Your goal: Each record must be printed exactly as given.

Start of Data shown

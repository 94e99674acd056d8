-- ===== src/Tests/Guarded.antt =====
-- A controller whose parameters are set before it is activated, and again while it is active.
use zero_force_controller.Common.{◌≡◌, refl, true, false, none, List, [], ◌∷◌}
use zero_force_controller.Common.Int.{pos, ◌-ℤ◌}
use zero_force_controller.Double.Fixed.{Fixed, fixed_double}
use zero_force_controller.Control.{bounds_valid, contains, inputs_finite}
use zero_force_controller.ZeroForce.{
  ZeroForceLogic, settings_valid, settings_finite, activate, accepts, reset,
}
use zero_force_controller.Double.{nought}
use zero_force_controller.Capture
use zero_force_controller.Output.{fresh_output}
use zero_force_controller.Telemetry
use zero_force_controller.Telemetry.{Pipeline, waiting}
use zero_force_controller.Controller.{Controller, on_activate, update, closing, write_command}
use zero_force_controller.Controller.Logics.{zero_force_law}
use zero_force_controller.Controller.Params.{ZeroForceParams, zero_force_settings}
use zero_force_controller.Controller.Setup
use zero_force_controller.Controller.Setup.{
  Node, Call, sets, activates, updates, zero_force_source, names_valid, on_init, set_parameters,
  call, calls, cycle,
}
use zero_force_controller.Controller.InForce.{settings_in_force}
use zero_force_controller.Controller.Kept.{zero_force-Keeps}
use zero_force_controller.Tests.Logic.{milli, logic, at}
use zero_force_controller.Tests.Drive.{blank, no_status}

-- "c", "l/f"
abbrev params : ZeroForceParams Fixed
params = record {
  common = record {
    joint_name = 99 ∷ [];
    force_interface = 108 ∷ 47 ∷ 102 ∷ [];
    finite_fault_hold = false;
    trial_id = 0;
    excursion_limit_m = milli 500;
    use_position_bounds = false;
    lower_position_m = none;
    upper_position_m = none;
    stationary_velocity_mps = milli 10;
  };
  hold_only = false;
  baseline_duration_s = milli 2;
  noise_duration_s = milli 2;
  acceleration_per_force = milli 1000;
  force_response_sign = pos 1;
  damping_per_s = milli 1000;
  inertial_force_coefficient_kg = milli 0;
  noise_multiplier = milli 3000;
  minimum_deadband_n = milli 100;
  max_acceleration_mps2 = milli 10000;
  max_velocity_mps = milli 500;
  max_force_n = milli 100000;
}

-- Nothing is published here, so the ring needs no room.
abbrev pipeline : Pipeline Fixed
pipeline = record {
  capture = record {
    records = [];
    read = 0;
    write = 0;
    published_drops = 0;
    terminal_pending = false;
    trial = 0;
    sequence = 0;
    drops = 0;
    running = false;
    last = blank;
    terminal = record { final = blank; dropped = 0; completed = false };
  };
  ready = true;
  consumer_trial = 0;
  publication_failures = 0;
  status_pending = false;
  pending_status = no_status;
  samples = [];
  consumed = 0;
  place = waiting;
  log = [];
}

abbrev pub idle_controller : Controller Fixed (ZeroForceLogic Fixed)
idle_controller = record {
  logic = logic;
  output = fresh_output;
  telemetry = pipeline;
  last_trial = 0;
  active = false;
  command = nought;
}

abbrev node : Node Fixed (ZeroForceParams Fixed) (ZeroForceLogic Fixed)
node = record {
  joint_name = [];
  force_interface = [];
  guarded = false;
  params = record params { max_velocity_mps = milli 900 };
  controller = idle_controller;
}

abbrev session : List (Call Fixed (ZeroForceParams Fixed))
session =
    sets params true
    ∷ activates (at 0)
    ∷ sets (record params { max_velocity_mps = milli 1 }) true
    ∷ updates (at 1)
    ∷ []

initialized : (on_init zero_force_law zero_force_source false node).0 ≡ true
unfolding on_init names_valid
initialized = refl

still_active :
    (calls zero_force_law zero_force_source
      (on_init zero_force_law zero_force_source false node).1
      session).controller.active
    ≡ true
unfolding on_init names_valid call set_parameters Setup.activate cycle on_activate update closing
    write_command Telemetry.begin activate accepts reset settings_valid settings_finite bounds_valid
    contains inputs_finite Capture.begin ◌-ℤ◌
still_active = refl

settings_in_force_example :
    (calls zero_force_law zero_force_source
      (on_init zero_force_law zero_force_source false node).1
      session).controller.logic.p
    ≡ zero_force_settings
        (calls zero_force_law zero_force_source
          (on_init zero_force_law zero_force_source false node).1
          session).params
settings_in_force_example =
    settings_in_force zero_force_law zero_force_source (λ l. l.p) zero_force-Keeps false node
      session refl initialized still_active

End of Data shown

Finished task:
repository 94e99674acd056d8
-- ===== src/Tests/Guarded.antt =====
-- A controller whose parameters are set before it is activated, and again while it is active.
use zero_force_controller.Common.{◌≡◌, refl, true, false, none, List, [], ◌∷◌}
use zero_force_controller.Common.Int.{pos, ◌-ℤ◌}
use zero_force_controller.Double.Fixed.{Fixed, fixed_double}
use zero_force_controller.Control.{bounds_valid, contains, inputs_finite}
use zero_force_controller.ZeroForce.{
  ZeroForceLogic, settings_valid, settings_finite, activate, accepts, reset,
}
use zero_force_controller.Double.{nought}
use zero_force_controller.Capture
use zero_force_controller.Output.{fresh_output}
use zero_force_controller.Telemetry
use zero_force_controller.Telemetry.{Pipeline, waiting}
use zero_force_controller.Controller.{Controller, on_activate, update, closing, write_command}
use zero_force_controller.Controller.Logics.{zero_force_law}
use zero_force_controller.Controller.Params.{ZeroForceParams, zero_force_settings}
use zero_force_controller.Controller.Setup
use zero_force_controller.Controller.Setup.{
  Node, Call, sets, activates, updates, zero_force_source, names_valid, on_init, set_parameters,
  call, calls, cycle,
}
use zero_force_controller.Controller.InForce.{settings_in_force}
use zero_force_controller.Controller.Kept.{zero_force-Keeps}
use zero_force_controller.Tests.Logic.{milli, logic, at}
use zero_force_controller.Tests.Drive.{blank, no_status}

-- "c", "l/f"
abbrev params : ZeroForceParams Fixed
params = record {
  common = record {
    joint_name = 99 ∷ [];
    force_interface = 108 ∷ 47 ∷ 102 ∷ [];
    finite_fault_hold = false;
    trial_id = 0;
    excursion_limit_m = milli 500;
    use_position_bounds = false;
    lower_position_m = none;
    upper_position_m = none;
    stationary_velocity_mps = milli 10;
  };
  hold_only = false;
  baseline_duration_s = milli 2;
  noise_duration_s = milli 2;
  acceleration_per_force = milli 1000;
  force_response_sign = pos 1;
  damping_per_s = milli 1000;
  inertial_force_coefficient_kg = milli 0;
  noise_multiplier = milli 3000;
  minimum_deadband_n = milli 100;
  max_acceleration_mps2 = milli 10000;
  max_velocity_mps = milli 500;
  max_force_n = milli 100000;
}

-- Nothing is published here, so the ring needs no room.
abbrev pipeline : Pipeline Fixed
pipeline = record {
  capture = record {
    records = [];
    read = 0;
    write = 0;
    published_drops = 0;
    terminal_pending = false;
    trial = 0;
    sequence = 0;
    drops = 0;
    running = false;
    last = blank;
    terminal = record { final = blank; dropped = 0; completed = false };
  };
  ready = true;
  consumer_trial = 0;
  publication_failures = 0;
  status_pending = false;
  pending_status = no_status;
  samples = [];
  consumed = 0;
  place = waiting;
  log = [];
}

abbrev pub idle_controller : Controller Fixed (ZeroForceLogic Fixed)
idle_controller = record {
  logic = logic;
  output = fresh_output;
  telemetry = pipeline;
  last_trial = 0;
  active = false;
  command = nought;
}

abbrev node : Node Fixed (ZeroForceParams Fixed) (ZeroForceLogic Fixed)
node = record {
  joint_name = [];
  force_interface = [];
  guarded = false;
  params = record params { max_velocity_mps = milli 900 };
  controller = idle_controller;
}

abbrev session : List (Call Fixed (ZeroForceParams Fixed))
session =
    sets params true
    ∷ activates (at 0)
    ∷ sets (record params { max_velocity_mps = milli 1 }) true
    ∷ updates (at 1)
    ∷ []

initialized : (on_init zero_force_law zero_force_source false node).0 ≡ true
unfolding on_init names_valid
initialized = refl

still_active :
    (calls zero_force_law zero_force_source
      (on_init zero_force_law zero_force_source false node).1
      session).controller.active
    ≡ true
unfolding on_init names_valid call set_parameters Setup.activate cycle on_activate update closing
    write_command Telemetry.begin activate accepts reset settings_valid settings_finite bounds_valid
    contains inputs_finite Capture.begin ◌-ℤ◌
still_active = refl

settings_in_force_example :
    (calls zero_force_law zero_force_source
      (on_init zero_force_law zero_force_source false node).1
      session).controller.logic.p
    ≡ zero_force_settings
        (calls zero_force_law zero_force_source
          (on_init zero_force_law zero_force_source false node).1
          session).params
settings_in_force_example =
    settings_in_force zero_force_law zero_force_source (λ l. l.p) zero_force-Keeps false node
      session refl initialized still_active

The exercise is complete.